#### TASK DESCRIPTION
For every line in the data below that contains "Store", copy the line.

-- DATASET CONTENT follows --

-- ===== src/StaleClaims.antt =====
-- src/lifecycle/stale-claims.ts: open issues that carry a claim label with no run behind them are
-- labelled stale. Liveness is by project, repository and issue, and by project and issue alone where
-- the repository is not known.
pub mod Live
use symphonika.Base.{
  ℕ, Bool, true, false, ◌&&◌, ◌||◌, not, Option, none, some, String, ◌<>◌, List, [], ◌∷◌, ◌++◌, map,
  str_eq,
}
use symphonika.Base.Tests.{if◌then◌else◌}
use symphonika.Base.Lists.{member}
use symphonika.Base.Decimal.{decimal}
use symphonika.Base.Maps.{Dict, lookup}
use symphonika.Base.Texts.{lower_case}
use symphonika.Issue.{Repository, IssueSnapshot, ProjectIssue, IssuePollStatus, Project, Tracker}
use symphonika.Store.{RunRow}
use symphonika.Store.Queries.{
  RunKey, run_key, list_active_run_ids, list_waiting_run_ids, list_resumable_shutdown_runs,
}
use symphonika.Registry.ActiveRuns.{ActiveRuns}
use symphonika.Registry.InFlight.{IssueKey}
use symphonika.Registry.Reservations
use symphonika.Reconcile.{resolve_token}

abbrev pub issue_key : String → ℕ → String
issue_key project number = project <> ("#" <> decimal number)

abbrev pub repository_issue_key : String → Repository → ℕ → String
repository_issue_key project repository number =
    project
    <> ("#"
        <> (lower_case repository.owner
            <> ("/" <> (lower_case repository.repo <> ("#" <> decimal number)))))

pub record LiveIssueKeys : Type 0 where
  pub qualified : List String
  pub wildcard : List String

-- `Set.prototype.add` at the front: `covers` asks for members only.
pub add : String → Option Repository → ℕ → LiveIssueKeys → LiveIssueKeys
add project none number k = record k { wildcard = issue_key project number ∷ k.wildcard }
add project (some repository) number k = record k {
  qualified = repository_issue_key project repository number ∷ k.qualified;
}

pub covers : LiveIssueKeys → String → Repository → ℕ → Bool
covers k project repository number =
    member (issue_key project number) k.wildcard
    || member (repository_issue_key project repository number) k.qualified

-- The four loops of `collectLiveKeys`, over what they add.
pub add_each : List RunKey → LiveIssueKeys → LiveIssueKeys
unfolding add
add_each [] k = k
add_each (e ∷ es) k = add_each es (add e.project_name e.issue_repository e.issue_number k)

abbrev pub reserved_key : IssueKey → RunKey
reserved_key e = record {
  run_id = "";
  project_name = e.project;
  issue_number = e.number;
  issue_repository = none;
}

pub collect_live_keys : ActiveRuns → List RunRow → LiveIssueKeys
unfolding add_each
collect_live_keys active rows =
    let reserved =
      add_each (map reserved_key (Reservations.issue_keys active.in_flight active.scheduled))
        (record { qualified = []; wildcard = [] }) in
    let running = add_each (list_active_run_ids rows) reserved in
    let waiting = add_each (list_waiting_run_ids rows) running in
    add_each (map run_key (list_resumable_shutdown_runs rows)) waiting

-- How the tracker answers to a label: the call throws, there is no `addLabelsToIssue`, or it is done.
pub data LabelAnswer : Type 0 where
  threw unavailable labelled : LabelAnswer

pub record Input : Type 0 where
  pub active_runs : ActiveRuns
  pub env : Dict String
  pub add_labels_to_issue : Repository → ℕ → String → LabelAnswer
  pub projects : Dict Project
  pub rows : List RunRow

abbrev pub has_any_label : List String → List String → Bool
has_any_label labels [] = false
has_any_label labels (t ∷ ts) = member t labels || has_any_label labels ts

abbrev pub claim_labels : List String
claim_labels = "sym:claimed" ∷ "sym:running" ∷ []

-- The issue has a claim to be looked at, with no run behind it.
pub is_abandoned : LiveIssueKeys → ProjectIssue → Bool
unfolding covers
is_abandoned keys c =
    str_eq c.issue.state "open"
    && (has_any_label c.issue.labels claim_labels
        && (not (member "sym:stale" c.issue.labels)
            && not (covers keys c.project c.repository c.issue.number)))

abbrev pub is_labelled : LabelAnswer → Bool
is_labelled labelled = true
is_labelled _ = false

-- The label is written to the repository that the issue was polled from.
abbrev pub write_label : Input → ProjectIssue → Option String → Bool
write_label input c none = false
write_label input c (some token) =
    is_labelled (input.add_labels_to_issue c.repository c.issue.number token)

abbrev pub tracker_of : Option Project → Option Tracker
tracker_of none = none
tracker_of (some p) = p.tracker

pub marks_issue : Input → LiveIssueKeys → ProjectIssue → Bool
unfolding is_abandoned
marks_issue input keys c = elim (tracker_of (lookup c.project input.projects)) [
  | none ↦ false
  | some tracker ↦
      is_abandoned keys c && write_label input c (resolve_token tracker.token input.env)
]

pub record StaleClaimMark : Type 0 where
  pub issue_number : ℕ
  pub project : String

abbrev pub with_stale : ProjectIssue → ProjectIssue
with_stale c = record c { issue = record c.issue { labels = c.issue.labels ++ "sym:stale" ∷ [] } }

-- The loop over the filtered issues: the marks, and the issues with the labels that were added.
pub detect_each :
    Input → LiveIssueKeys → List ProjectIssue → List StaleClaimMark × List ProjectIssue
unfolding marks_issue
detect_each input keys [] = ([], [])
detect_each input keys (c ∷ cs) =
    let (marks, issues) = detect_each input keys cs in
    if marks_issue input keys c
    then (
      record { issue_number = c.issue.number; project = c.project } ∷ marks,
      with_stale c ∷ issues,
    )
    else (marks, c ∷ issues)

unfoldable pub detect_stale_claims :
    Input → IssuePollStatus → List StaleClaimMark × List ProjectIssue
unfolding detect_each collect_live_keys
detect_stale_claims input poll =
    detect_each input (collect_live_keys input.active_runs input.rows) poll.filtered_issues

-- DATASET CONTENT concluded --

#### OUTPUT BELOW
use symphonika.Store.{RunRow}
use symphonika.Store.Queries.{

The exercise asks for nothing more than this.